Class of 1977


I find guidance in The First Women Lawyers: A Comparative Study of Gender, Law and the Legal Professions (2006, Hart Publishing) an illuminating work by Professor Mary Jane Mossman of Osgoode Hall Law School. Professor Mossman was the Clinic Funding Manager when I was the senior staff lawyer at Jane Finch Community Legal Services, later became a member of the Board of Directors of my clinic and has been my mentor through the years. When the Charter of Rights and Freedoms first came into effect, I was privileged to be part of group of young women lawyers, led by Professor Mossman, who conducted a Charter audit of Ontario legislation.To embark on a gender analysis of one's career is not an easy task. Would I have followed a different path if there had been less discrimination against women in the legal profession when I attended law school? Would I have followed a different path if more opportunities had been open to me when I graduated from law school? Would I have been more successful in the legal profession? I can only guess at the answers to these questions.

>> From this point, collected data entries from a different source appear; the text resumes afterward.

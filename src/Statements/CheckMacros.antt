-- ===== src/Statements/CheckMacros.antt =====
-- `FindCheckMacro` and `CheckCheck` of lab5/cpplint.py with their tables. `none` stands for an
-- IndexError of `CloseExpression`.
pub mod Operands
use cs.Base.{
  has, ℕ, zero, suc, ◌+◌, ◌-◌, Bool, true, false, not, ◌&&◌, ◌||◌, Option, none, some, List, [],
  ◌∷◌, ◌++◌, Text, codes, contains, text_eq, nat_eq, ◌==◌, nat_beq, lookup_or, length, take, drop,
  find, strip, is_space, if◌then◌else◌,
}
use cs.Re.{
  Pattern, Found, lit, one, ◌⨟◌, ◌∣∣◌, optional, many, some_of, group, boundary, line_start,
  line_end, is_digit, is_hex, matches,
}
use cs.Re.Short.{str, chr, char_in, char_not_in, blanks, anything, any_of, starts_at}
use cs.CleansedLines.{group_text}
use cs.Brackets.{
  Place, Scan, closed, failed, unfinished, close_expression, find_end_of_expression_in_line,
}
use cs.Nolint.{Report}
use cs.LineChecks.{report, report_if}
use cs.LineChecks.Namespaces.{line_at}
use cs.Spacing.Braces.{joined}

-- `_CHECK_MACROS`
abbrev pub check_macros : List Text
check_macros =
    codes "DCHECK"
    ∷ codes "CHECK"
    ∷ codes "EXPECT_TRUE"
    ∷ codes "ASSERT_TRUE"
    ∷ codes "EXPECT_FALSE"
    ∷ codes "ASSERT_FALSE"
    ∷ []

abbrev pub replacements : List (Text × Text)
replacements =
    (codes "==", codes "EQ")
    ∷ (codes "!=", codes "NE")
    ∷ (codes ">=", codes "GE")
    ∷ (codes ">", codes "GT")
    ∷ (codes "<=", codes "LE")
    ∷ (codes "<", codes "LT")
    ∷ []

abbrev pub inv_replacements : List (Text × Text)
inv_replacements =
    (codes "==", codes "NE")
    ∷ (codes "!=", codes "EQ")
    ∷ (codes ">=", codes "LT")
    ∷ (codes ">", codes "LE")
    ∷ (codes "<=", codes "GT")
    ∷ (codes "<", codes "GE")
    ∷ []

-- The prefix and the table of a macro's replacements.
abbrev pub table_of : Text → Text × List (Text × Text)
table_of macro =
    if macro == codes "EXPECT_TRUE"
    then (codes "EXPECT_", replacements)
    else if macro == codes "ASSERT_TRUE"
    then (codes "ASSERT_", replacements)
    else if macro == codes "EXPECT_FALSE"
    then (codes "EXPECT_", inv_replacements)
    else if macro == codes "ASSERT_FALSE"
    then (codes "ASSERT_", inv_replacements)
    else (macro ++ codes "_", replacements)

-- `_CHECK_REPLACEMENT[check_macro][operator]`
unfoldable pub check_replacement : Text → Text → Text
check_replacement macro operator = (table_of macro).0 ++ lookup_or [] operator (table_of macro).1

-- `^(.*\b…\s*)\(`
abbrev pub call_of : Text → Pattern
call_of macro = line_start ⨟ group 1 (anything ⨟ boundary ⨟ lit macro ⨟ blanks) ⨟ chr b'('

-- `FindCheckMacro`, over `_CHECK_MACROS`.
unfoldable pub find_check_macro : List Text → Text → Option (Text × ℕ)
find_check_macro [] line = none
find_check_macro (macro ∷ macros) line =
    let later = find_check_macro macros line in
    if has line macro
    then (elim (matches (call_of macro) line) [
      | none ↦ later
      | some matched ↦ some (macro, length (group_text matched 1))
    ])
    else later

-- `^\s*(<<|<<=|>>|>>=|->\*|->|&&|\|\||==|!=|>=|>|<=|<|\()(.*)$`
unfoldable pub token_first : Pattern
token_first =
    line_start
    ⨟ blanks
    ⨟ group 1 (
        any_of (
          "<<" ∷ "<<=" ∷ ">>" ∷ ">>=" ∷ "->*" ∷ "->" ∷ "&&" ∷ "||" ∷ "==" ∷ "!=" ∷ ">=" ∷ ">" ∷ "<="
          ∷ "<" ∷ "(" ∷ []))
    ⨟ group 2 anything
    ⨟ line_end

-- `^([^-=!<>()&|]+)(.*)$` and `^(\s*\S)(.*)$`
unfoldable pub operand_first : Pattern
operand_first =
    line_start ⨟ group 1 (some_of (char_not_in "-=!<>()&|")) ⨟ group 2 anything ⨟ line_end

unfoldable pub character_first : Pattern
character_first =
    line_start ⨟ group 1 (blanks ⨟ one (λ c. not (is_space c))) ⨟ group 2 anything ⨟ line_end

-- What a round of the loop comes to: it goes on with `lhs` and `expression`, it ends with the
-- operands, or the check returns.
pub data Round : Type 0 where
  further : Text → Text → Round
  done : Text → Text → Text → Round
  give_up : Round

abbrev pub logical : List Text
logical = codes "&&" ∷ codes "||" ∷ []

abbrev pub non_relational : List Text
non_relational = codes "<<" ∷ codes "<<=" ∷ codes ">>" ∷ codes ">>=" ∷ codes "->*" ∷ codes "->" ∷ []

-- An operand in parentheses.
unfoldable pub parenthesized : Text → Text → Round
parenthesized lhs expression = elim (find_end_of_expression_in_line expression 0 (b'(' ∷ [])) [
  | closed end ↦ further (lhs ++ b'(' ∷ take end expression) (drop end expression)
  | failed ↦ give_up
  | unfinished stack ↦ give_up
]

unfoldable pub token_round : Text → Text → Text → Round
unfolding parenthesized
token_round lhs token rest =
    if token == codes "("
    then parenthesized lhs rest
    else if contains logical token
    then give_up
    else if contains non_relational token
    then further (lhs ++ token) rest
    else done lhs token rest

unfoldable pub operand_round : Text → Text → Round
unfolding operand_first character_first
operand_round lhs expression = elim (matches operand_first expression) [
  | some matched ↦ further (lhs ++ group_text matched 1) (group_text matched 2)
  | none ↦ elim (matches character_first expression) [
    | some matched ↦ further (lhs ++ group_text matched 1) (group_text matched 2)
    | none ↦ done lhs [] []
  ]
]

unfoldable pub round : Text → Text → Round
unfolding token_first token_round operand_round
round lhs [] = done lhs [] []
round lhs (c ∷ expression) = elim (matches token_first (c ∷ expression)) [
  | some matched ↦ token_round lhs (group_text matched 1) (group_text matched 2)
  | none ↦ operand_round lhs (c ∷ expression)
]

-- The loop over the expression, on fuel. An operator that is None is empty here.
unfoldable pub operands : ℕ → Text → Text → Round
unfolding round
operands zero lhs expression = further lhs expression
operands (suc fuel) lhs expression = elim (round lhs expression) [
  | further lhs' expression' ↦ operands fuel lhs' expression'
  | done l operator r ↦ done l operator r
  | give_up ↦ give_up
]

abbrev is_nonempty : Text → Bool
is_nonempty [] = false
is_nonempty (_ ∷ _) = true

-- `^([-+]?(\d+|0[xX][0-9a-fA-F]+)[lLuU]{0,3}|".*"|\'.*\')$`
unfoldable pub match_constant : Pattern
match_constant =
    let suffix = optional (char_in "lLuU") in
    line_start
    ⨟ group 1 (
        optional (char_in "-+")
          ⨟ group 2 (some_of (one is_digit) ∣∣ chr b'0' ⨟ char_in "xX" ⨟ some_of (one is_hex))
          ⨟ suffix
          ⨟ suffix
          ⨟ suffix
        ∣∣ chr 34 ⨟ anything ⨟ chr 34
        ∣∣ chr 39 ⨟ anything ⨟ chr 39)
    ⨟ line_end

-- `CHECK(a op b)` with a constant on one side.
unfoldable pub is_replaceable : Text → Text → Text → Bool
unfolding match_constant
is_replaceable lhs operator rhs =
    is_nonempty lhs
    && is_nonempty operator
    && is_nonempty rhs
    && not (has rhs (codes "&&") || has rhs (codes "||"))
    && (starts_at match_constant (strip lhs) || starts_at match_constant (strip rhs))

abbrev pub consider : ℕ → Text → Text → Report
consider linenum macro operator = report linenum "readability/check" 2 (
    codes "Consider using "
    ++ check_replacement macro operator
    ++ codes " instead of "
    ++ macro
    ++ codes "(a "
    ++ operator
    ++ codes " b)")

abbrev pub report_operands : ℕ → Text → Round → List Report
report_operands linenum macro (done lhs operator rhs) =
    report_if (is_replaceable lhs operator rhs) (consider linenum macro operator)
report_operands linenum macro _ = []

-- The text between the parentheses.
unfoldable pub expression_of : List Text → ℕ → ℕ → Place → ℕ → Text
expression_of lines linenum start_pos end end_pos =
    let first = line_at lines linenum in
    if nat_beq linenum end.linenum
    then take (end_pos - 1 - (start_pos + 1)) (drop (start_pos + 1) first)
    else drop (start_pos + 1) first
      ++ (joined (take (end.linenum - (linenum + 1)) (drop (linenum + 1) lines))
          ++ take (end_pos - 1) end.line)

unfoldable pub check_macro_at : List Text → ℕ → Text → ℕ → Place → List Report
unfolding expression_of operands
check_macro_at lines linenum macro start_pos end = elim end.pos [
  | none ↦ []
  | some end_pos ↦
      let expression = expression_of lines linenum start_pos end end_pos in
      if starts_at (blanks ⨟ chr b';') (drop end_pos end.line)
      then report_operands linenum macro (operands (suc (length expression)) [] expression)
      else []
]

-- `CheckCheck`
unfoldable pub check_check : List Text → ℕ → Option (List Report)
unfolding find_check_macro check_macro_at
check_check lines linenum = elim (find_check_macro check_macros (line_at lines linenum)) [
  | none ↦ some []
  | some (macro, start_pos) ↦ elim (close_expression lines linenum start_pos) [
    | none ↦ none
    | some end ↦ some (check_macro_at lines linenum macro start_pos end)
  ]
]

I find myself drawn to the characters The First Women Lawyers depicts in all of their complex relationships with the profession and society at large. Among these women pioneers in the legal profession were those who were admitted to the profession but never really accepted by it, and those who were never admitted to the legal profession but practiced with relative success on its fringes.

I would place myself somewhere between the two: admitted to the profession, perhaps not entirely accepted by the legal profession, but thriving on its edges in developing areas of law. My work in a community clinic, in an administrative tribunal, and in the advancement of administrative law has certainly not been mainstream and in some ways has been pioneering. I would say this is true of a number of my women colleagues from my generation of lawyers.

I graduated in 1977 from the Faculty of Law and articled with the firm of Copeland, King. After a brief period in private practice, I was hired as the first lawyer for a new community legal clinic, Jane Finch Community Legal Services. I had an exciting and challenging five years there. In 1985, I joined a newly created Tribunal, the Workers' Compensation Appeals Tribunal (now the Workplace Safety and Insurance Appeals Tribunal) as counsel. I have been there ever since. In 1998, I was appointed a full-time Vice-Chair of WSIAT. I am active in the Society of Ontario Adjudicators and Regulators (SOAR) and the Council of Canadian Administrative Tribunals (CCAT), with a special interest in developing training programs for tribunal adjudicators. I love my job as a tribunal adjudicator and consider myself to have been blessed with interesting work for my entire career.